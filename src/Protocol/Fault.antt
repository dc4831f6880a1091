-- ===== src/Protocol/Fault.antt =====
-- The application function codes `Afn` and the errors of src/protocol (frame.rs, app_data/mod.rs),
-- with num_enum's and anyhow's own errors as far as the code uses them.
use plc_service_rust.Base.{
  ℕ, String, Outcome, ok, err, Bool, ◌==◌, if◌then◌else◌, ◌≡◌, refl, arith, ◌<◌,
}

pub data Afn : Type 0 where
  answer init data_forward query_data port_check ctrl_cmd report route_get route_set route_ctrl
        route_data_forward route_data_read file_transfer debug cocurrent_read_meter test :
      Afn

-- `afn as u8`.
abbrev pub afn_to_u8 : Afn → ℕ
afn_to_u8 answer = 0x00
afn_to_u8 init = 0x01
afn_to_u8 data_forward = 0x02
afn_to_u8 query_data = 0x03
afn_to_u8 port_check = 0x04
afn_to_u8 ctrl_cmd = 0x05
afn_to_u8 report = 0x06
afn_to_u8 route_get = 0x10
afn_to_u8 route_set = 0x11
afn_to_u8 route_ctrl = 0x12
afn_to_u8 route_data_forward = 0x13
afn_to_u8 route_data_read = 0x14
afn_to_u8 file_transfer = 0x15
afn_to_u8 debug = 0xf0
afn_to_u8 cocurrent_read_meter = 0xf1
afn_to_u8 test = 0xff

pub data FrameError : Type 0 where
  length : ℕ → FrameError
  header : ℕ → FrameError
  checksum : ℕ → ℕ → FrameError
  tail : ℕ → FrameError

pub data AppDataError : Type 0 where
  afn : Afn → AppDataError
  fn_num : ℕ → AppDataError
  data_length : ℕ → AppDataError

-- What an `anyhow::Error` of this code holds: `primitive n` is num_enum's error for a number that is
-- no value of the enum, `message` an `ensure!` with a text.
pub data Error : Type 0 where
  frame : FrameError → Error
  app_data : AppDataError → Error
  primitive : ℕ → Error
  message : String → Error

-- The derived `PartialEq`.
abbrev pub afn_eq : Afn → Afn → Bool
afn_eq a b = afn_to_u8 a == afn_to_u8 b

unfoldable pub afn_of_u8 : ℕ → Outcome Error Afn
afn_of_u8 b =
    if b == 0x00
    then ok answer
    else if b == 0x01
    then ok init
    else if b == 0x02
    then ok data_forward
    else if b == 0x03
    then ok query_data
    else if b == 0x04
    then ok port_check
    else if b == 0x05
    then ok ctrl_cmd
    else if b == 0x06
    then ok report
    else if b == 0x10
    then ok route_get
    else if b == 0x11
    then ok route_set
    else if b == 0x12
    then ok route_ctrl
    else if b == 0x13
    then ok route_data_forward
    else if b == 0x14
    then ok route_data_read
    else if b == 0x15
    then ok file_transfer
    else if b == 0xf0
    then ok debug
    else if b == 0xf1
    then ok cocurrent_read_meter
    else if b == 0xff
    then ok test
    else err (primitive b)

pub afn_of_u8-afn_to_u8 : (a : Afn) → afn_of_u8 (afn_to_u8 a) ≡ ok a
unfolding afn_of_u8
afn_of_u8-afn_to_u8 answer = refl
afn_of_u8-afn_to_u8 _ = refl

pub afn_to_u8-afn_of_u8 : (b : ℕ) (a : Afn) → afn_of_u8 b ≡ ok a → afn_to_u8 a ≡ b
unfolding afn_of_u8
afn_to_u8-afn_of_u8 b a h = ground arith

pub afn_to_u8-lt : (a : Afn) → afn_to_u8 a < 256
afn_to_u8-lt answer = omega arith
afn_to_u8-lt _ = omega arith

*-*-*

Give back exactly the lines beginning at the one with "pub data FrameError : Type 0 where" and ending at the final line of the material; both boundary lines belong in it.

Output of the task:
pub data FrameError : Type 0 where
  length : ℕ → FrameError
  header : ℕ → FrameError
  checksum : ℕ → ℕ → FrameError
  tail : ℕ → FrameError

pub data AppDataError : Type 0 where
  afn : Afn → AppDataError
  fn_num : ℕ → AppDataError
  data_length : ℕ → AppDataError

-- What an `anyhow::Error` of this code holds: `primitive n` is num_enum's error for a number that is
-- no value of the enum, `message` an `ensure!` with a text.
pub data Error : Type 0 where
  frame : FrameError → Error
  app_data : AppDataError → Error
  primitive : ℕ → Error
  message : String → Error

-- The derived `PartialEq`.
abbrev pub afn_eq : Afn → Afn → Bool
afn_eq a b = afn_to_u8 a == afn_to_u8 b

unfoldable pub afn_of_u8 : ℕ → Outcome Error Afn
afn_of_u8 b =
    if b == 0x00
    then ok answer
    else if b == 0x01
    then ok init
    else if b == 0x02
    then ok data_forward
    else if b == 0x03
    then ok query_data
    else if b == 0x04
    then ok port_check
    else if b == 0x05
    then ok ctrl_cmd
    else if b == 0x06
    then ok report
    else if b == 0x10
    then ok route_get
    else if b == 0x11
    then ok route_set
    else if b == 0x12
    then ok route_ctrl
    else if b == 0x13
    then ok route_data_forward
    else if b == 0x14
    then ok route_data_read
    else if b == 0x15
    then ok file_transfer
    else if b == 0xf0
    then ok debug
    else if b == 0xf1
    then ok cocurrent_read_meter
    else if b == 0xff
    then ok test
    else err (primitive b)

pub afn_of_u8-afn_to_u8 : (a : Afn) → afn_of_u8 (afn_to_u8 a) ≡ ok a
unfolding afn_of_u8
afn_of_u8-afn_to_u8 answer = refl
afn_of_u8-afn_to_u8 _ = refl

pub afn_to_u8-afn_of_u8 : (b : ℕ) (a : Afn) → afn_of_u8 b ≡ ok a → afn_to_u8 a ≡ b
unfolding afn_of_u8
afn_to_u8-afn_of_u8 b a h = ground arith

pub afn_to_u8-lt : (a : Afn) → afn_to_u8 a < 256
afn_to_u8-lt answer = omega arith
afn_to_u8-lt _ = omega arith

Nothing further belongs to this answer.